Given entries »
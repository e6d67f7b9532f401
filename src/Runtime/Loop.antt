-- ===== src/Runtime/Loop.antt =====
-- `AgentRuntime.__init__`, `.run`, `._run_loop` and `.request_stop` of monitor_agent/runtime.py.
-- Times are floats, in seconds.
use employee_tracker.Common.{
  ℕ, zero, suc, String, Bool, true, false, Result, ok, err, raise, raise_if, value_error, List, ◌∷◌,
  Option, none, some, if◌then◌else◌,
}
use employee_tracker.Common
use employee_tracker.Common.Int.{pos, leb_ℤ, ltb_ℤ}
use employee_tracker.Config.{AgentConfig}
use employee_tracker.Models.{Float}
use employee_tracker.Floats.{FloatOps, float_max}
use employee_tracker.Runtime.World.{
  close_call, close, wait, is_set, monotonic, set_stop, World, Run, pure, ask, observe, ◌>>=◌, ◌>>◌,
}
use employee_tracker.Runtime.Cycle.{run_cycle}

-- The guards of the constructor.
unfoldable pub check_config : AgentConfig → Result (Unit {0})
check_config c =
    Common.◌>>◌
      (raise_if (leb_ℤ c.heartbeat_sec (pos 0)) value_error "heartbeat_sec must be positive")
      (Common.◌>>◌
        (raise_if (ltb_ℤ c.startup_delay_sec (pos 0)) value_error
          "startup_delay_sec must be non-negative")
        (raise_if (leb_ℤ c.replay_batch_size (pos 0)) value_error
          "replay_batch_size must be positive"))

-- The settings that the loop reads, once `check_config` has passed: `float` of the two times in
-- seconds, and a number of records.
pub record Schedule : Type 0 where
  pub startup_delay : Float
  pub interval : Float
  pub batch_size : ℕ

-- `out_of_fuel` is no exit of the program: the loop is still running.
pub data Exit : Type 0 where
  stopped out_of_fuel : Exit

-- `while next_deadline <= now: next_deadline += interval`; `none` says that the search is still
-- running.
unfoldable pub catch_up : FloatOps → ℕ → Float → Float → Float → Option Float
catch_up f zero interval now next_deadline = none
catch_up f (suc fuel) interval now next_deadline =
    let later = catch_up f fuel interval now (f.add next_deadline interval) in
    if f.le next_deadline now then later else some next_deadline

module _ (w : World) (s : Schedule) where
  abbrev ask_is_set : Run Bool
  ask_is_set = observe w.stop_is_set is_set

  abbrev ask_wait : Float → Run Bool
  ask_wait t = observe (λ h. w.stop_wait h t) (wait t)

  abbrev ask_time : Run Float
  ask_time = observe w.time monotonic

  -- A cycle, unless the stop event is set before it; the answer says that it is set before or
  -- after the cycle.
  unfoldable pub guarded_cycle : String → Run Bool
  guarded_cycle event = do
    before ← ask_is_set
    if before then pure true else (do run_cycle w s.batch_size event; ask_is_set)

  -- `max(0.0, next_deadline - now)`
  abbrev pub remaining : Float → Float → Float
  remaining next_deadline now =
      float_max w.floats (w.floats.tenths 0) (w.floats.sub next_deadline now)

  -- One round of the `while True` loop: whether the loop returns, and else the next deadline, which the
  -- search has two steps more to find than the clock shows seconds.
  unfoldable pub heartbeat : Float → Run (Bool × Option Float)
  heartbeat next_deadline = do
    now ← ask_time
    woken ← ask_wait (remaining next_deadline now)
    if woken then pure (true, none) else (do
      stop ← guarded_cycle "heartbeat"
      if stop then pure (true, none) else (do
        now' ← ask_time
        pure (
          false,
          catch_up w.floats (suc (suc (w.floats.whole now'))) s.interval now' next_deadline,
        )))

  -- What follows a round.
  abbrev pub after_heartbeat : (Float → Run Exit) → Bool × Option Float → Run Exit
  after_heartbeat next (true, later) = pure stopped
  after_heartbeat next (false, none) = pure out_of_fuel
  after_heartbeat next (false, some later) = next later

  unfoldable pub heartbeats : ℕ → Float → Run Exit
  heartbeats zero next_deadline = pure out_of_fuel
  heartbeats (suc fuel) next_deadline =
      heartbeat next_deadline >>= λ r. after_heartbeat (heartbeats fuel) r

  unfoldable pub run_loop : ℕ → Run Exit
  run_loop fuel = do
    set ← ask_is_set
    if set then pure stopped else (do
      woken ← ask_wait s.startup_delay
      if woken then pure stopped else (do
        stop ← guarded_cycle "startup"
        if stop
            then pure stopped
            else (do now ← ask_time; heartbeats fuel (w.floats.add now s.interval))))

  abbrev ask_close : Run (Unit {0})
  ask_close = ask close_call w.close_transport (λ _. close)

  -- What `run` does once the loop is left.
  unfoldable pub leave : Result Exit → Run Exit
  leave (err e) h = (err e, (ask_close h).1)
  leave (ok out_of_fuel) h = (ok out_of_fuel, h)
  leave (ok stopped) h = (ask_close >> pure stopped) h

  unfoldable pub run : ℕ → Run Exit
  run fuel h = let (r, h') = run_loop fuel h in leave r h'

  unfoldable pub request_stop : Run (Unit {0})
  request_stop = do set ← ask_is_set; if set then pure tt else (λ h. (ok tt, set_stop ∷ h))
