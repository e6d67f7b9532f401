-- ===== src/Identity/Resolve.antt =====
-- `resolve_machine_identity` of monitor_agent/identity.py, with the readers of the three platforms,
-- the fallback file and the hash.
use employee_tracker.Common.{
  ℕ, zero, suc, ◌+◌, ◌%◌, String, Bool, true, false, ◌||◌, Option, none, some, List, [], ◌∷◌,
  Result, ok, err, raise, ErrorClass, value_error, config_error, runtime_error, os_error,
  file_not_found, file_exists, permission_error, timeout_error, ◌>>=◌, ◌>>◌, str_eq, ◌==◌,
  if◌then◌else◌, interrupted_error,
}

pub record MachineIdentity : Type 0 where
  pub value : String
  pub source : String

-- What Python and the system do here, which the program only calls.
pub record System : Type 0 where
  -- `str.strip`
  pub strip : String → String
  -- `UUID(text)`, as its version and its canonical text; `none` is a ValueError
  pub parse_uuid : String → Option (Option ℕ × String)
  -- `str(UUID(bytes=...))`
  pub uuid_of_bytes : List ℕ → String
  -- the first 16 bytes of the SHA-256 of the salted identifier
  pub digest : String → List ℕ
  -- the contents of `/etc/machine-id`
  pub machine_id_file : Result String
  -- the registry's `MachineGuid`: `none` is a missing module, and the inner `none` no text
  pub machine_guid : Option (Result (Option String))
  -- `ioreg`: the return code, and the first group of `_MACOS_UUID_PATTERN` in its output
  pub platform_expert : Result (ℕ × Option String)
  -- the state directory is made and closed to others
  pub make_directory : Result (Unit {0})
  -- the contents of the fallback file at the first look, and at each later attempt
  pub first_read : Result String
  pub later_read : ℕ → Result String
  -- `str(uuid4())`
  pub candidate : String
  -- `os.open` with `O_EXCL`, the write with its `fsync`, and `chmod`
  pub create_file : Result (Unit {0})
  pub write_file : Result (Unit {0})
  pub chmod : Result (Unit {0})

-- `isinstance(error, OSError)` and `isinstance(error, ValueError)`
abbrev pub is_os_error : ErrorClass → Bool
is_os_error os_error = true
is_os_error file_not_found = true
is_os_error file_exists = true
is_os_error permission_error = true
is_os_error timeout_error = true
is_os_error interrupted_error = true
is_os_error _ = false

abbrev pub is_value_error : ErrorClass → Bool
is_value_error value_error = true
is_value_error config_error = true
is_value_error _ = false

abbrev pub is_missing : ErrorClass → Bool
is_missing file_not_found = true
is_missing _ = false

abbrev pub is_taken : ErrorClass → Bool
is_taken file_exists = true
is_taken _ = false

-- `value or None`
unfoldable pub text_or_none : String → Option String
text_or_none value = if str_eq value "" then none else some value

-- `except OSError: return None`
unfoldable pub unless_os_error : Result (Option String) → Result (Option String)
unless_os_error (ok v) = ok v
unless_os_error (err e) = if is_os_error e.class then ok none else err e

unfoldable pub read_linux_machine_id : System → Result (Option String)
read_linux_machine_id s =
    unless_os_error (s.machine_id_file >>= (λ text. ok (text_or_none (s.strip text))))

unfoldable pub read_windows_machine_id : System → Result (Option String)
read_windows_machine_id s = elim s.machine_guid [
  | none ↦ ok none
  | some read ↦ unless_os_error (
      read >>= (λ value. ok (elim value [ none ↦ none | some text ↦ text_or_none (s.strip text) ])))
]

-- `TimeoutExpired` is of the class `timeout_error`.
unfoldable pub read_macos_machine_id : System → Result (Option String)
read_macos_machine_id s = unless_os_error (
    s.platform_expert >>= (λ done. ok (
      if done.0 == 0
      then elim done.1 [ none ↦ none | some text ↦ text_or_none (s.strip text) ]
      else none)))

unfoldable pub read_fallback_file : System → Result String → Result String
read_fallback_file s content = content >>= (λ text. elim (s.parse_uuid (s.strip text)) [
  | none ↦ raise value_error "badly formed hexadecimal UUID string"
  | some (none, value) ↦ raise value_error "persisted machine identity is not a UUID4"
  | some (some version, value) ↦
      if version == 4
      then ok value
      else raise value_error "persisted machine identity is not a UUID4"
])

-- The loop of `_read_concurrent_winner`, by the attempts left and the attempts made.
unfoldable pub winner_from : System → ℕ → ℕ → Result String
winner_from s zero made =
    raise runtime_error "concurrent machine identity creation did not complete"
winner_from s (suc left) made =
    let next = winner_from s left (suc made) in
    elim (read_fallback_file s (s.later_read made)) [
      | ok value ↦ s.chmod >> ok value
      | err e ↦ if is_missing e.class || is_value_error e.class then next else err e
    ]

abbrev pub fallback_read_attempts : ℕ
fallback_read_attempts = 100

unfoldable pub read_concurrent_winner : System → Result String
read_concurrent_winner s = winner_from s fallback_read_attempts 0

-- `os.open(..., O_EXCL)` and what follows it.
unfoldable pub create_fallback : System → Result String
create_fallback s = elim s.create_file [
  | ok _ ↦ s.write_file >> s.chmod >> ok s.candidate
  | err e ↦ if is_taken e.class then read_concurrent_winner s else err e
]

unfoldable pub load_or_create_fallback : System → Result String
load_or_create_fallback s = s.make_directory >> elim (read_fallback_file s s.first_read) [
  | ok value ↦ s.chmod >> ok value
  | err e ↦
      if is_missing e.class
      then create_fallback s
      else if is_value_error e.class
      then read_concurrent_winner s
      else err e
]

-- `digest[i] = g(digest[i])`
unfoldable pub change_at : ℕ → (ℕ → ℕ) → List ℕ → List ℕ
change_at i g [] = []
change_at zero g (b ∷ bs) = g b ∷ bs
change_at (suc i) g (b ∷ bs) = b ∷ change_at i g bs

-- `(b & 0x0F) | 0x50` and `(b & 0x3F) | 0x80`, on bytes
unfoldable pub stamped : List ℕ → List ℕ
stamped bytes = change_at 8 (λ b. b % 64 + 128) (change_at 6 (λ b. b % 16 + 80) bytes)

unfoldable pub hashed_uuid : System → String → String
hashed_uuid s raw_identifier = s.uuid_of_bytes (stamped (s.digest raw_identifier))

-- `if raw_identifier: return ...`, and the fallback otherwise
unfoldable pub or_fallback : System → String → Result (Option String) → Result MachineIdentity
or_fallback s source raw = raw >>= (λ found. elim found [
  | some r ↦ ok (record { value = hashed_uuid s r; source = source })
  | none ↦
      load_or_create_fallback s >>= (λ v. ok (record { value = v; source = "persisted-random" }))
])

unfoldable pub resolve_machine_identity : System → String → Result MachineIdentity
resolve_machine_identity s platform =
    if str_eq platform "linux"
    then or_fallback s "linux-machine-id" (read_linux_machine_id s)
    else if str_eq platform "win32"
    then or_fallback s "windows-machine-guid" (read_windows_machine_id s)
    else if str_eq platform "darwin"
    then or_fallback s "macos-platform-uuid" (read_macos_machine_id s)
    else or_fallback s "persisted-random" (ok none)
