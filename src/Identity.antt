-- ===== src/Identity.antt =====
-- monitor_agent/identity.py: the machine's identity.
pub mod Resolve
pub mod Origin
unfoldable pub use Resolve.*
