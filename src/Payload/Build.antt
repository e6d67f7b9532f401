-- ===== src/Payload/Build.antt =====
-- `build_payload`, `_default_sections`, `_timestamp` and the pattern of event names of
-- monitor_agent/payload.py. (The pattern stands in cli.py a second time.)
use Prim.Native.Char.{code}
use employee_tracker.Common.{
  ℕ, String, Bool, false, ◌&&◌, ◌||◌, Option, none, some, List, [], ◌∷◌, ◌++◌, Result, ok, raise,
  value_error, ◌>>=◌, leb, length, all, ◌==◌, if◌then◌else◌,
}
use employee_tracker.Common.Int.{ℤ, pos}
use employee_tracker.Common.Dict.{Dict, insert}
use employee_tracker.Identity.{MachineIdentity}
use employee_tracker.Models.{
  Json, null, str, int, list, dict, Fields, items, fields, get_field, nullable, success, partial,
  status_value, CollectorResult, CollectionBatch,
}
use employee_tracker.Transport.{DateTime, to_utc, version}

-- The code points of a text.
abbrev pub codes : String → List ℕ
codes String.[] = []
codes (String.◌∷◌ c s) = code c ∷ codes s

abbrev between : ℕ → ℕ → ℕ → Bool
between lo hi c = leb lo c && leb c hi

-- `[a-z0-9_-]`
abbrev pub event_char : ℕ → Bool
event_char c = between b'a' b'z' c || between b'0' b'9' c || c == b'_' || c == b'-'

abbrev pub matches_codes : List ℕ → Bool
matches_codes [] = false
matches_codes (c ∷ cs) = between b'a' b'z' c && leb (length cs) 63 && all event_char cs

-- `_EVENT_PATTERN.fullmatch(event)` for `^[a-z][a-z0-9_-]{0,63}$`
unfoldable pub event_matches : String → Bool
event_matches event = matches_codes (codes event)

abbrev pub section_names : List String
section_names =
    "system" ∷ "users" ∷ "cpu" ∷ "memory" ∷ "disks" ∷ "network" ∷ "processes" ∷ "software"
    ∷ "active_window" ∷ "file_audit" ∷ "screenshot" ∷ []

abbrev pub empty_dict : Json
empty_dict = dict (fields [])

abbrev pub empty_list : Json
empty_list = list (items [])

unfoldable pub default_sections : Dict Json
unfolding fields items
default_sections =
    ("system", empty_dict)
    ∷ ("users", empty_list)
    ∷ ("cpu", empty_dict)
    ∷ ("memory", empty_dict)
    ∷ ("disks", empty_list)
    ∷ (
      "network",
      dict (
          fields
            (("adapters", empty_list) ∷ ("connections", empty_list) ∷ ("io", empty_dict) ∷ [])),
    )
    ∷ ("processes", empty_list)
    ∷ ("software", empty_list)
    ∷ ("active_window", dict (fields (("title", null) ∷ ("app", null) ∷ ("pid", null) ∷ [])))
    ∷ ("file_audit", empty_list)
    ∷ ("screenshot", null)
    ∷ []

-- `_timestamp`: `current` stands for `datetime.now(UTC)`, and `isoformat` for the text of an
-- instant in UTC, by its microseconds.
unfoldable pub timestamp : (ℤ → String) → DateTime → Option DateTime → Result String
unfolding to_utc
timestamp isoformat current now =
    let moment : DateTime = elim now [ none ↦ current | some t ↦ t ] in
    elim moment.offset [
      | none ↦ raise value_error "now must be timezone-aware"
      | some o ↦ to_utc moment >>= λ instant. ok (isoformat instant)
    ]

-- What a collector says of itself.
unfoldable pub collector_entry : CollectorResult → Json
unfolding status_value
collector_entry r = dict (
    fields (
      ("status", str (status_value r.status))
      ∷ ("duration_ms", int (pos r.duration_ms))
      ∷ ("error_code", nullable r.error_code)
      ∷ ("error_message", nullable r.error_message)
      ∷ []))

-- `isinstance(result.data, Mapping)`, for a result whose status lets its data through.
abbrev mapping_of : Json → Option Fields
mapping_of (dict d) = some d
mapping_of _ = none

unfoldable pub contribution : CollectorResult → Option Fields
contribution r = elim r.status [
  | success ↦ mapping_of r.data_value
  | partial ↦ mapping_of r.data_value
  | _ ↦ none
]

-- `for section_name in _SECTION_NAMES: if section_name in data: ...`
unfoldable pub copy_sections : List String → Fields → Dict Json → Dict Json
copy_sections [] d sections = sections
copy_sections (n ∷ names) d sections =
    copy_sections names d (elim (get_field n d) [ none ↦ sections | some v ↦ insert n v sections ])

-- The sections after one result.
unfoldable pub add_sections : CollectorResult → Dict Json → Dict Json
add_sections r sections = elim (contribution r) [
  | none ↦ sections
  | some d ↦ copy_sections section_names d sections
]

-- The loop over the results: the sections, and the collectors' entries.
unfoldable pub merge_results : List CollectorResult → Dict Json → Dict Json → Dict Json × Dict Json
merge_results [] sections collectors = (sections, collectors)
merge_results (r ∷ rs) sections collectors =
    merge_results rs (add_sections r sections) (insert r.name (collector_entry r) collectors)

-- What the interpreter and the platform say of themselves.
pub record Platform : Type 0 where
  pub python : String
  pub platform : String

unfoldable pub agent_entry : Platform → MachineIdentity → CollectionBatch → Dict Json → Json
agent_entry host identity batch collectors = dict (
    fields (
      ("version", str version)
      ∷ ("python", str host.python)
      ∷ ("platform", str host.platform)
      ∷ ("collection_duration_ms", int (pos batch.duration_ms))
      ∷ ("identity_source", str identity.source)
      ∷ ("collectors", dict (fields collectors))
      ∷ []))

-- The fields of the payload, from the parts that were checked before it.
abbrev pub payload_entries :
    Platform → String → MachineIdentity → CollectionBatch → String → String → Dict Json
payload_entries host event identity batch time event_id =
    let merged = merge_results batch.results default_sections [] in
    ("schema_version", str "1.1")
      ∷ ("event", str event)
      ∷ ("timestamp", str time)
      ∷ ("machine_id", str identity.value)
      ∷ merged.0
    ++ ("event_id", str event_id) ∷ ("agent", agent_entry host identity batch merged.1) ∷ []

unfoldable pub assemble :
    Platform → String → MachineIdentity → CollectionBatch → String → String → Fields
assemble host event identity batch time event_id =
    fields (payload_entries host event identity batch time event_id)

-- `event_id` is the text of the UUID that is given or made up.
unfoldable pub build_payload :
    Platform
    → (ℤ → String)
    → DateTime
    → String
    → MachineIdentity
    → CollectionBatch
    → Option DateTime
    → String
    → Result Fields
build_payload host isoformat current event identity batch now event_id =
    if event_matches event
    then timestamp isoformat current now
      >>= (λ time. ok (assemble host event identity batch time event_id))
    else raise value_error "invalid event name"
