-- ===== src/Payload.antt =====
-- monitor_agent/payload.py: one event, built from a batch of collector results.
pub mod Build
pub mod Sections
pub mod Deliverable
unfoldable pub use Build.*
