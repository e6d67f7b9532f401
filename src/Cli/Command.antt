-- ===== src/Cli/Command.antt =====
-- `main` of monitor_agent/cli.py for parsed arguments. What the other parts and the system answer is
-- given; the constructors of the runtime, the transport and the spool are those of the other modules.
use employee_tracker.Common.{
  ℕ, zero, suc, String, Bool, true, false, not, ◌&&◌, ◌||◌, Option, none, some, List, [], ◌∷◌,
  Result, ok, err, Error, ErrorClass, config_error, interrupted_error, raise, raise_if, ◌>>=◌, ◌>>◌,
  all, is_some, if◌then◌else◌,
}
use employee_tracker.Common.Int.{pos}
use employee_tracker.Identity.{is_os_error, is_value_error}
use employee_tracker.Models.{
  Json, CollectorStatus, timed_out, failed, CollectionBatch, CycleResult, SpoolStats,
}
use employee_tracker.Config.{AgentConfig}
use employee_tracker.Payload.{event_matches}
use employee_tracker.Transport.{Transport, create}
use employee_tracker.Spool.{check_limits}
use employee_tracker.Runtime.Loop.{check_config}

-- The calls of `_validate_writable_directory`: the exception of each, the removals by the attempt.
pub record Probe : Type 0 where
  pub has_permissions : Bool
  pub mkdir : Option Error
  pub chmod : Option Error
  pub mkstemp : Option Error
  pub fchmod : Option Error
  pub close : Option Error
  pub unlink : ℕ → Option Error

-- The first exception of calls in this order.
unfoldable pub first_error : List (Option Error) → Option Error
first_error [] = none
first_error (none ∷ es) = first_error es
first_error (some e ∷ es) = some e

abbrev if_permissions : Probe → Option Error → Option Error
if_permissions p e = if p.has_permissions then e else none

abbrev is_made : Probe → Bool
is_made p = not (is_some (first_error (p.mkdir ∷ if_permissions p p.chmod ∷ p.mkstemp ∷ [])))

abbrev is_interrupted : ErrorClass → Bool
is_interrupted interrupted_error = true
is_interrupted _ = false

-- Whether a call of the `finally` part has failed; an exception that is no OSError leaves it.
unfoldable pub late_failure : Option Error → Result Bool
late_failure none = ok false
late_failure (some e) = if is_os_error e.class then ok true else err e

-- The attempts to remove the probe file, by the number that is left.
unfoldable pub remove_probe : Probe → ℕ → ℕ → Result Bool
remove_probe p zero attempt = ok true
remove_probe p (suc left) attempt =
    let again = remove_probe p left (suc attempt) in
    elim (p.unlink attempt) [
      | none ↦ ok false
      | some e ↦ if is_interrupted e.class then again else late_failure (some e)
    ]

unfoldable pub close_probe : Probe → Result Bool
close_probe p =
    if is_made p
    then (late_failure p.close
        >>= (λ closed. remove_probe p 3 0 >>= (λ removed. ok (closed || removed))))
    else ok false

unfoldable pub validate_writable_directory : Probe → String → Result (Unit {0})
validate_writable_directory p message = close_probe p >>= (λ late.
    elim (first_error
      (p.mkdir ∷ if_permissions p p.chmod ∷ p.mkstemp ∷ if_permissions p p.fchmod ∷ [])) [
        | none ↦ raise_if late config_error message
        | some e ↦ if is_os_error e.class then raise config_error message else err e
      ])

-- `except OSError: raise ConfigError(message) from None`
unfoldable pub or_config_error : String → Option Error → Result (Unit {0})
or_config_error message none = ok tt
or_config_error message (some e) = if is_os_error e.class then raise config_error message else err e

-- What the system says of the paths of a configuration.
pub record Paths : Type 0 where
  pub spool : Probe
  pub bundle_is_file : Bool
  pub bundle_is_readable : Bool
  pub log_is_symlink : Bool
  pub log_exists : Bool
  pub log_is_file : Bool
  pub log_parent : Probe
  -- `config.log_path.exists()` behind the probe of its directory
  pub log_still_exists : Bool
  pub log_open : Option Error
  pub log_close : Option Error

unfoldable pub validate_appendable_file : Paths → Result (Unit {0})
validate_appendable_file p =
    or_config_error "log path is not writable" p.log_open
    >> or_config_error "log path is not writable" p.log_close

unfoldable pub validate_log : Paths → Result (Unit {0})
validate_log p =
    raise_if (p.log_is_symlink || p.log_exists && not p.log_is_file) config_error
      "log path must identify a file"
    >> validate_writable_directory p.log_parent "log path parent is not writable"
    >> (if p.log_still_exists then validate_appendable_file p else ok tt)

-- `_validate_paths`
unfoldable pub validate_paths : Paths → AgentConfig → Result (Unit {0})
validate_paths p c =
    validate_writable_directory p.spool "spool path is not writable"
    >> raise_if (is_some c.ca_bundle && (not p.bundle_is_file || not p.bundle_is_readable))
        config_error "CA bundle is not readable"
    >> (if is_some c.log_path then validate_log p else ok tt)

-- The answers of the other parts; `print` is the exception of writing to the standard output.
pub record Parts : Type 0 where
  pub load_config : Bool → Result AgentConfig
  pub paths : Paths
  pub configure_logging : Option Error
  pub resolve_identity : Result (Unit {0})
  pub build_collectors : AgentConfig → Result (Unit {0})
  pub collect_all : Result CollectionBatch
  pub build_payload : CollectionBatch → Result Json
  pub signals : Result (Unit {0})
  pub run : Result (Unit {0})
  pub run_cycle : String → Result CycleResult
  pub close : Result (Unit {0})
  pub stats : Result SpoolStats
  pub print : Result (Unit {0})

-- The parsed arguments.
pub data Command : Type 0 where
  run check_config_command health version : Command
  once : String → Bool → Command

-- `_prepare_config`
unfoldable pub prepare_config : Parts → Bool → Result AgentConfig
prepare_config p require_transport = p.load_config require_transport >>= (λ c.
    validate_paths p.paths c
    >> or_config_error "log path is not writable" p.configure_logging
    >> ok c)

-- `TelemetryTransport(config)`, with its default for `max_attempts`
abbrev pub default_attempts : Json
default_attempts = Json.int (pos 4)

-- `_create_runtime`
unfoldable pub create_runtime : Parts → AgentConfig → Result Transport
create_runtime p c =
    p.resolve_identity
    >> p.build_collectors c
    >> (create c default_attempts
        >>= (λ t. check_limits c.spool_max_bytes c.spool_max_age_sec >> check_config c >> ok t))

abbrev pub has_failed : CollectorStatus → Bool
has_failed failed = true
has_failed timed_out = true
has_failed _ = false

-- `aggregate_failure`
unfoldable pub aggregate_failure : CollectionBatch → Bool
aggregate_failure batch = elim batch.results [
  | [] ↦ false
  | r ∷ rs ↦ has_failed r.status && all (λ item. has_failed item.status) rs
]

unfoldable pub gather : Parts → AgentConfig → Result CollectionBatch
gather p c = p.resolve_identity >> p.build_collectors c >> p.collect_all

-- `_collect_once`
unfoldable pub collect_once : Parts → AgentConfig → Result (Json × Bool)
collect_once p c =
    gather p c
    >>= (λ batch. p.build_payload batch >>= (λ payload. ok (payload, aggregate_failure batch)))

-- `_run_command`
unfoldable pub run_command : Parts → AgentConfig → Result ℕ
run_command p c = create_runtime p c >>= (λ t. p.signals >> p.run >> ok 0)

-- `_once_command` without a transmission
unfoldable pub once_offline : Parts → AgentConfig → Result ℕ
once_offline p c = elim (collect_once p c) [
  | err e ↦ if is_value_error e.class then ok 2 else err e
  | ok (payload, failure) ↦ p.print >> ok (if failure then 3 else 0)
]

-- ... and with one: an exception of the cycle comes before one of `close`.
unfoldable pub once_online : Parts → AgentConfig → String → Result ℕ
once_online p c event =
    create_runtime p c
    >>= (λ t. p.run_cycle event >>= (λ result. p.close >> ok (if result.delivered then 0 else 4)))

-- `_once_command`
unfoldable pub once_command : Parts → AgentConfig → String → Bool → Result ℕ
once_command p c event no_transmit =
    if not (event_matches event)
    then ok 2
    else if no_transmit
    then once_offline p c
    else once_online p c event

-- `_health_snapshot`, and printing it
unfoldable pub health_command : Parts → AgentConfig → Result ℕ
health_command p c = gather p c >>= (λ batch.
    check_limits c.spool_max_bytes c.spool_max_age_sec >> (p.stats >>= (λ stats. p.print >> ok 0)))

-- The `try` of `main`, which the command `version` does not reach.
unfoldable pub dispatch : Parts → Command → Result ℕ
dispatch p run = prepare_config p true >>= (λ c. run_command p c)
dispatch p (once event no_transmit) =
    prepare_config p (not no_transmit) >>= (λ c. once_command p c event no_transmit)
dispatch p check_config_command = prepare_config p true >>= (λ c. p.print >> ok 0)
dispatch p health = prepare_config p true >>= (λ c. health_command p c)
dispatch p version = ok 0

abbrev pub is_config_error : ErrorClass → Bool
is_config_error config_error = true
is_config_error _ = false

-- `except ConfigError`
unfoldable pub exit_code : Result ℕ → Result ℕ
exit_code (ok n) = ok n
exit_code (err e) = if is_config_error e.class then ok 2 else err e

-- `main`
unfoldable pub main : Parts → Command → Result ℕ
main p version = p.print >> ok 0
main p c = exit_code (dispatch p c)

Problem requirements » Beginning with the line above that contains "else once_online p c event", copy each line exactly up to and including the line that contains "check_limits c.spool_max_bytes c.spool_max_age_sec >> (p.stats", and go no further.

Written response »
    else once_online p c event

-- `_health_snapshot`, and printing it
unfoldable pub health_command : Parts → AgentConfig → Result ℕ
health_command p c = gather p c >>= (λ batch.
    check_limits c.spool_max_bytes c.spool_max_age_sec >> (p.stats >>= (λ stats. p.print >> ok 0)))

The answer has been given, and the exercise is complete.